Kendini bir Orta Çağ kalesi gibi korumaya çalışan AB özellikle Akdeniz'e kıyısı olan üye ülkelerin zoruyla daha da katı önlemlere yönelmenin yanı sıra, yıllardır kaçak iş gücünden faydalanmaya devam edip tavizsiz gibi görünen vize uygulamalarıyla güçlü ve parlak imajını cilalamaktan da geri durmamıştı.

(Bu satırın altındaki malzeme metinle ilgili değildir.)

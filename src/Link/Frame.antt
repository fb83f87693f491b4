-- ===== src/Link/Frame.antt =====
-- Writing a frame: `u8SL_CalculateCRC`, `u8SL_LoadByteToTxBuffer` and `eSL_WriteMessage`.
-- The loop counters and the buffer index are `uint8_t` in the source, and wrap here too.
pub mod Checksum
pub mod Layout
pub mod Size
use dm_matter_zigbee_bridge.Prelude.{
  ℕ, zero, suc, ◌+◌, ◌/◌, ◌%◌, bit_xor, Bool, true, false, not, ◌&&◌, Option, none, some, List,
  get_elem?, set, take, ltb, if◌then◌else◌, Run, done, fault, spin, ◌>>=◌,
}
use dm_matter_zigbee_bridge.Link.{start_char, esc_char, end_char, SlStatus, ok}

-- `x & 0xff`
abbrev pub low_byte : ℕ → ℕ
low_byte x = x % 256

-- `(x >> 8) & 0xff`
abbrev pub high_byte : ℕ → ℕ
high_byte x = low_byte (x / 256)

-- A read through a pointer to the bytes of a list.
abbrev pub read : List ℕ → ℕ → Run ℕ
read bytes i = elim (get_elem? bytes i) [ none ↦ fault | some x ↦ done x ]

-- `for (n = 0; n < u16Length; n++) u8CRC ^= pu8Data[n];` with `uint8_t n`
unfoldable pub crc_loop : ℕ → List ℕ → ℕ → ℕ → ℕ → Run ℕ
crc_loop zero bytes len n crc = spin
crc_loop (suc fuel) bytes len n crc =
    let next = read bytes n >>= λ x. crc_loop fuel bytes len ((n + 1) % 256) (bit_xor crc x) in
    if ltb n len then next else done crc

abbrev pub header_crc : ℕ → ℕ → ℕ
header_crc type len =
    bit_xor (bit_xor (bit_xor (low_byte type) (high_byte type)) (low_byte len)) (high_byte len)

-- Up to 255 rounds and the last test need 256 units of fuel.
unfoldable pub calculate_crc : ℕ → ℕ → List ℕ → Run ℕ
calculate_crc type len bytes = crc_loop 256 bytes len 0 (header_crc type len)

-- `au8LinkTxBuffer` with its `index`
pub record TxBuffer : Type 0 where
  pub bytes : List ℕ
  pub index : ℕ

-- `buffer[index++] = b`
abbrev pub put : ℕ → TxBuffer → TxBuffer
put b tx = record { bytes = set tx.bytes tx.index b; index = (tx.index + 1) % 256 }

unfoldable pub load_byte : Bool → ℕ → TxBuffer → TxBuffer
load_byte special b tx =
    if not special && ltb b 0x10 then put (bit_xor b 0x10) (put esc_char tx) else put b tx

-- `for(n = 0; n < u16Length; n++)` with `uint8_t n`
unfoldable pub payload_loop : ℕ → List ℕ → ℕ → ℕ → TxBuffer → Run TxBuffer
payload_loop zero bytes len n tx = spin
payload_loop (suc fuel) bytes len n tx =
    let next =
      read bytes n >>= λ x. payload_loop fuel bytes len ((n + 1) % 256) (load_byte false x tx) in
    if ltb n len then next else done tx

unfoldable pub load_header : ℕ → ℕ → ℕ → TxBuffer → TxBuffer
load_header type len crc tx =
    let started = load_byte true start_char tx in
    let typed = load_byte false (low_byte type) (load_byte false (high_byte type) started) in
    let sized = load_byte false (low_byte len) (load_byte false (high_byte len) typed) in
    load_byte false crc sized

-- The status, and the bytes that `eSerial_WriteBuffer` is handed. `buffer` is what the static
-- buffer held before.
unfoldable pub write_message : List ℕ → ℕ → ℕ → List ℕ → Run (SlStatus × List ℕ)
write_message buffer type len bytes = do
  crc ← calculate_crc type len bytes
  tx ←
      payload_loop 256 bytes len 0 (load_header type len crc (record { bytes = buffer; index = 0 }))
  let closed = load_byte true end_char tx
  done (ok, take closed.index closed.bytes)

Fakat insan haklarının baş savunucusu Batı medeniyetinin temsilcileri göçmenlere reva gördükleri muamelelerle sicillerini fazlasıyla kirletmiş durumdalar ve gittikçe kalabalıklaşan yerküreye hâkim politik ve ekonomik sistemlerin fayda etmeyeceğini inatla reddederek kaba kuvvete sığınmayı yeğliyorlar gibi görünüyor.
Belgesel
Türk boylarının akınlarına karşı örülen Çin Seddinden sonra insanlık tarihinin en meşhur duvarlarından Berlin'deki utanç duvarının hafızalardan hâlâ silinmediği bir dönemde AB'nin göçmenlikle iştigal eden kurumu Frontex, kuruluş tarihi 2005'ten itibaren her geçen gün daha fazla göze batmaya başladı.
Özellikle Libya'da patlak veren olaylar sonrası Afrika'nın çeşitli ülkelerinden Avrupa'ya kaçmaya çalışanların başına gelenler göstermelik önlemlerin birebir yansımasıydı. Suriye'deki çarpışmaların ivme kazandırdığı AB'ye yönelik kaçış Birliğin lokomotifi kıvamındaki Almanya'nın tavizsiz politikalarıyla daha birçok kurbanın verilmesine sebep olacak gibi duruyor. Yoksa özellikle Malta, İtalya, Yunanistan, hatta Bulgaristan'ın birebir muhatap olduğu bu sorunla başetmek için daha pragmatik ve pratik bir bakış açısı geliştirilecek mi?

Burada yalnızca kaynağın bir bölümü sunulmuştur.